AMD Athlon(tm) 64 Processor 3500+

----------

## LinuxBlues

Existió hace tiempo una web con porpósitos similares, pero se cerró, lo cual es de agradecer, porque más allá de eso, también se dedicaban a hacer estadísticas sobre canales de IRC y otras cosas que terminaron siendo muy molestas:

BAS/c is closed!

Dudo que sea de alguna utilidad, añadir tiempos de compilación por máquinas, entre otras cosas, porque las CFLAGS pueden alterar los tiempos de compilación considerablemente y yo soy de los que cambian las CFLAGS dependiendo del paquete.

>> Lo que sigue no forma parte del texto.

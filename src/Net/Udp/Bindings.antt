-- ===== src/Net/Udp/Bindings.antt =====
-- The bound ports as a map from ports to queues, and the queue that a datagram comes to.
use gooos.Common.{
  ℕ, ◌+◌, ◌≡◌, refl, sym, ap, ◌∙◌, false, not, ◌&&◌, Option, none, some, List, [], ◌∷◌, ◌++◌, ltb,
  ◌==◌, Bool-cases, inl, inr, if◌then◌else◌, length, update_self, subst, arith,
}
use gooos.Sync.Queue.{Queue, try_push}
use gooos.Sync.Queue.Fifo.{IsValid, contents, try_push_refines}
use gooos.Net.Udp.{
  UdpDatagram, UdpBinding, Udp, is_bound, fill, udp_bind_with_queue, blank, udp_unbind,
  udp_lookup_queue, deliver, stats_inc,
}

-- how many bindings are not active
pub unused : List UdpBinding → ℕ
unused [] = 0
unused (b ∷ bs) = (if b.active then 0 else 1) + unused bs

-- a port that is not bound has no queue
lookup-unbound :
    (port : ℕ) (bs : List UdpBinding) → is_bound port bs ≡ false → udp_lookup_queue port bs ≡ none
unfolding is_bound udp_lookup_queue
lookup-unbound port [] h = refl
lookup-unbound port (b ∷ bs) h = ground (arith, h, lookup-unbound port bs)

lookup-fill :
    (port other : ℕ) (q : Option ℕ) (bs : List UdpBinding)
    → is_bound port bs ≡ false
    → let (bs', ok) = fill port q bs in
      (ok ≡ ltb 0 (unused bs))
      × (udp_lookup_queue other bs'
          ≡ (if ok && port == other then q else udp_lookup_queue other bs))
unfolding is_bound udp_lookup_queue fill unused
lookup-fill port other q [] h = (refl, refl)
lookup-fill port other q (b ∷ bs) h =
    ground (arith, h, lookup-fill port other q bs, lookup-unbound port bs)

-- `udpBindWithQueue` binds a port with its queue exactly when the port is not bound and a binding is
-- left over; then that port leads to that queue and every other port leads where it did. When it
-- refuses, nothing changes.
pub udp_bind_with_queue-lookup :
    (port other q : ℕ) (bs : List UdpBinding)
    → let (bs', ok) = udp_bind_with_queue port (some q) bs in
      (ok ≡ (not (is_bound port bs) && ltb 0 (unused bs)))
      × (udp_lookup_queue other bs'
          ≡ (if ok && port == other then some q else udp_lookup_queue other bs))
unfolding udp_bind_with_queue
udp_bind_with_queue-lookup port other q bs = elim (Bool-cases (is_bound port bs)) [
  | inl taken ↦ rw taken (refl, refl)
  | inr open_port ↦ rw open_port (lookup-fill port other (some q) bs open_port)
]

-- After `udpUnbind` the port leads to no queue, and every other port leads where it did.
pub udp_unbind-lookup :
    (port other : ℕ) (bs : List UdpBinding)
    → udp_lookup_queue other (udp_unbind port bs)
      ≡ (if port == other then none else udp_lookup_queue other bs)
unfolding udp_unbind udp_lookup_queue
udp_unbind-lookup port other [] = ground arith
udp_unbind-lookup port other (b ∷ bs) = ground (arith, udp_unbind-lookup port other bs)

-- the queue numbered `i`, as a list
abbrev pub queued : ℕ → Udp → List UdpDatagram
queued i s = contents 16 (s.queues i)

pushed_onto :
    (d : UdpDatagram) (q : Queue UdpDatagram)
    → IsValid 16 q
    → let (q', accepted, woken) = try_push 16 blank d q in
      let ok = ltb (length (contents 16 q)) 16 in
      IsValid 16 q'
      × (contents 16 q' ≡ (if ok then contents 16 q ++ (d ∷ []) else contents 16 q))
      × (accepted ≡ ok)
      × (woken ≡ (if ok then q.consumer else none))
pushed_onto d q v =
    let (valid, offered, woken) = try_push_refines 16 blank (omega arith) (omega arith) d q v in
    let stored = ap (λ r. r.0) offered in
    let accepted = ap (λ r. r.1) offered in
    elim (Bool-cases (ltb (length (contents 16 q)) 16)) [
      | inl room ↦ (
        valid,
        ground (arith, room, stored),
        ground (arith, room, accepted),
        ground (arith, room, accepted, woken),
      )
      | inr full ↦ (
        valid,
        ground (arith, full, stored),
        ground (arith, full, accepted),
        ground (arith, full, accepted, woken),
      )
    ]

-- A datagram for a port that leads to a valid queue is appended to that queue when it holds fewer than
-- 16, and is lost otherwise; the one counter that tells which is raised. No other queue and no binding
-- changes, and the consumer that waits is woken exactly when the datagram was appended.
pub deliver_refines :
    (d : UdpDatagram) (s : Udp) (i j : ℕ)
    → udp_lookup_queue d.dst_port s.bindings ≡ some i
    → IsValid 16 (s.queues i)
    → let (s', woken) = deliver d s in
      let ok = ltb (length (queued i s)) 16 in
      IsValid 16 (s'.queues i)
      × (queued i s' ≡ (if ok then queued i s ++ (d ∷ []) else queued i s))
      × (s'.queues j ≡ (if i == j then s'.queues i else s.queues j))
      × (s'.bindings ≡ s.bindings)
      × (s'.stats.udp_recv ≡ (if ok then stats_inc s.stats.udp_recv else s.stats.udp_recv))
      × (s'.stats.rx_dropped ≡ (if ok then s.stats.rx_dropped else stats_inc s.stats.rx_dropped))
      × (woken ≡ (if ok then (s.queues i).consumer else none))
unfolding deliver
deliver_refines d s i j bound v =
    let (valid, stored, accepted, wakes) = pushed_onto d (s.queues i) v in
    rw (bound, deliver)
      (
        subst (IsValid 16) (sym (update_self s.queues i _)) valid,
        ap (contents 16) (update_self s.queues i _) ∙ stored,
        ground arith,
        refl,
        rw accepted (ground arith),
        rw accepted (ground arith),
        wakes,
      )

No añadiré los míos, porque no solo tengo Gentoo en una máquina y porque como ya he expresado, hilos como este me parecen (disculpas) ridículos. Como si saber los tiempos de compilación en otra CPU nos fuese a evitar tener que pasar un buen rato compilando openoffice o firefox.

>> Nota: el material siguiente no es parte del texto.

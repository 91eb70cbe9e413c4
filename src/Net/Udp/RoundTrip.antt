-- ===== src/Net/Udp/RoundTrip.antt =====
-- What is sent is taken in as the same datagram.
use gooos.Common.{
  ℕ, ◌+◌, ◌-◌, ◌<◌, ◌≤◌, ◌≡◌, refl, sym, ap, ◌∙◌, true, some, List, length, take, drop, set,
  take_all, arith,
}
use gooos.Net.Bytes.{read_u16, word}
use gooos.Net.Checksum.{checksum_balances}
use gooos.Net.Udp.{
  UdpHeader, Udp, parse_header, udp_parse, udp_checksum, udp_checksum_verify, unsealed, sealed,
  udp_send, deliver, udp_handle,
}

-- a checksum of 0 is never sent
udp_checksum-bounds :
    (src_ip dst_ip : ℕ) (p : List ℕ)
    → (0 < udp_checksum src_ip dst_ip p) × (udp_checksum src_ip dst_ip p < 65536)
unfolding udp_checksum
udp_checksum-bounds src_ip dst_ip p = ground (arith, (checksum_balances 17 src_ip dst_ip p).1)

abbrev header : ℕ → ℕ → ℕ → ℕ → UdpHeader
header src_port dst_port len chksum = record {
  src_port = src_port;
  dst_port = dst_port;
  len = len;
  chksum = chksum;
}

-- a packet whose header was read and whose length is in order
udp_parse_at :
    (p payload : List ℕ) (h : UdpHeader)
    → parse_header p ≡ h
    → 8 ≤ h.len
    → h.len ≤ length p
    → take (h.len - 8) (drop 8 p) ≡ payload
    → udp_parse p ≡ some (h, payload)
unfolding udp_parse
udp_parse_at p payload h e low fits rest = rw (e, rest) (ground arith)

-- a packet whose checksum field holds the sum of the packet without it
verify_at :
    (src_ip dst_ip c : ℕ) (p p0 : List ℕ)
    → 8 ≤ length p
    → read_u16 p 6 ≡ c
    → set (set p 6 0) 7 0 ≡ p0
    → udp_checksum src_ip dst_ip p0 ≡ c
    → udp_checksum_verify src_ip dst_ip p ≡ true
unfolding udp_checksum_verify
verify_at src_ip dst_ip c p p0 long wire zeroed sum =
    ground (arith, ap (udp_checksum src_ip dst_ip) zeroed)

module _ (src_port dst_port c : ℕ) (payload : List ℕ) where
  abbrev packet : List ℕ
  packet = sealed c (unsealed src_port dst_port payload)

  length-packet : length packet ≡ 8 + length payload
  unfolding unsealed
  length-packet = omega arith

  parse_header-packet :
      src_port < 65536
      → dst_port < 65536
      → c < 65536
      → length payload ≤ 1472
      → parse_header packet ≡ header src_port dst_port (8 + length payload) c
  unfolding unsealed parse_header
  parse_header-packet src_in dst_in c_in fits =
      let a = word src_in in
      let b = word dst_in in
      let n : 8 + length payload < 65536 = omega arith in
      let l = word n in let k = word c_in in λ i. header (a i) (b i) (l i) (k i)

  udp_parse-packet :
      src_port < 65536
      → dst_port < 65536
      → c < 65536
      → length payload ≤ 1472
      → udp_parse packet ≡ some (header src_port dst_port (8 + length payload) c, payload)
  udp_parse-packet src_in dst_in c_in fits =
      let fields = parse_header-packet src_in dst_in c_in fits in
      let all : take (8 + length payload - 8) (drop 8 packet) ≡ payload =
        unfold unsealed in take_all (8 + length payload - 8) payload (omega arith) in
      udp_parse_at packet payload (header src_port dst_port (8 + length payload) c) fields
        (omega arith) (omega (arith, length-packet)) all

  verify-packet :
      (src_ip dst_ip : ℕ)
      → c < 65536
      → c ≡ udp_checksum src_ip dst_ip (unsealed src_port dst_port payload)
      → udp_checksum_verify src_ip dst_ip packet ≡ true
  verify-packet src_ip dst_ip c_in e =
      let p0 = unsealed src_port dst_port payload in
      let wire : read_u16 packet 6 ≡ c = unfold unsealed in word c_in in
      let zeroed : set (set packet 6 0) 7 0 ≡ p0 = unfold unsealed in refl in
      verify_at src_ip dst_ip c packet p0 (omega (arith, length-packet)) wire zeroed (sym e)

udp_handle_at :
    (src_ip dst_ip : ℕ) (inner payload : List ℕ) (h : UdpHeader) (s : Udp)
    → udp_parse inner ≡ some (h, payload)
    → udp_checksum_verify src_ip dst_ip (take h.len inner) ≡ true
    → udp_handle src_ip dst_ip inner s
      ≡ deliver
          (record {
            src_ip = src_ip;
            src_port = h.src_port;
            dst_port = h.dst_port;
            bytes = payload;
          })
          s
unfolding udp_handle
udp_handle_at src_ip dst_ip inner payload h s parsed passes = rw (parsed, passes, udp_handle) refl

pub length-udp_send :
    (src_ip dst_ip dst_port src_port : ℕ) (payload p : List ℕ)
    → udp_send src_ip dst_ip dst_port src_port payload ≡ some p
    → length p ≡ 8 + length payload
unfolding udp_send
length-udp_send src_ip dst_ip dst_port src_port payload p h =
    let c = udp_checksum src_ip dst_ip (unsealed src_port dst_port payload) in
    ground (arith, h, length-packet src_port dst_port c payload)

-- What `udpSend` hands to `ipv4Send` for ports of 16 bits, `udpHandle` at the address it was sent to
-- takes in: the checksum passes and the datagram with that sender, those ports and that payload is
-- delivered. It refuses only a payload of more than 1472 bytes.
pub udp_send-handle :
    (src_ip dst_ip src_port dst_port : ℕ) (payload : List ℕ) (s : Udp)
    → src_port < 65536
    → dst_port < 65536
    → length payload ≤ 1472
    → (p : List ℕ) × (udp_send src_ip dst_ip dst_port src_port payload ≡ some p)
      × (udp_handle src_ip dst_ip p s
          ≡ deliver
              (record {
                src_ip = src_ip;
                src_port = src_port;
                dst_port = dst_port;
                bytes = payload;
              })
              s)
unfolding udp_send
udp_send-handle src_ip dst_ip src_port dst_port payload s src_in dst_in fits =
    let c = udp_checksum src_ip dst_ip (unsealed src_port dst_port payload) in
    let c_in = (udp_checksum-bounds src_ip dst_ip (unsealed src_port dst_port payload)).1 in
    let p = packet src_port dst_port c payload in
    let parsed = udp_parse-packet src_port dst_port c payload src_in dst_in c_in fits in
    let whole : take (8 + length payload) p ≡ p =
      take_all (8 + length payload) p (omega (arith, length-packet src_port dst_port c payload)) in
    let passes = verify-packet src_port dst_port c payload src_ip dst_ip c_in refl in
    let checked = ap (udp_checksum_verify src_ip dst_ip) whole ∙ passes in
    (p, ground arith, udp_handle_at src_ip dst_ip p payload _ s parsed checked)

En fin, es sólo mi opinión, pero no le veo ninguna utilidad a crear un hilo como este.

----------

## alexlm78

 *LinuxBlues wrote:*   

> Existió hace tiempo una web con porpósitos similares, pero se cerró, lo cual es de agradecer, porque más allá de eso, también se dedicaban a hacer estadísticas sobre canales de IRC y otras cosas que terminaron siendo muy molestas:
> 
> BAS/c is closed!
> 
> Dudo que sea de alguna utilidad, añadir tiempos de compilación por máquinas, entre otras cosas, porque las CFLAGS pueden alterar los tiempos de compilación considerablemente y yo soy de los que cambian las CFLAGS dependiendo del paquete.
> ...

 

Dos cosas, nunca has hecho algo por el simple hecho de que puedes? o Nunca has querido compartir tu experiencia, aunque no sea util, solo por el gusto de tener una grupo de amigos con los que puede platicarlo, porque ellos, o algunos de ellos, lo han vivido tambien?

No dejas de tener razon al decir que de una CPU a otra muchas cosas cambian, pero con este hilo recode algunas cosas de años atras, que me eseñaron mucho, como puede leer mas arriba, compilar con mquinas viejas, puede ser muy irritante pero tambien muy divertido, y aveces es todo un reto.

Como siempre, tu opinion es imprtante, y agradesco que te tomes el tiempo de darla, pero creo que no es ridiculo.

Un gran abrazo a todos, y felices fiestas.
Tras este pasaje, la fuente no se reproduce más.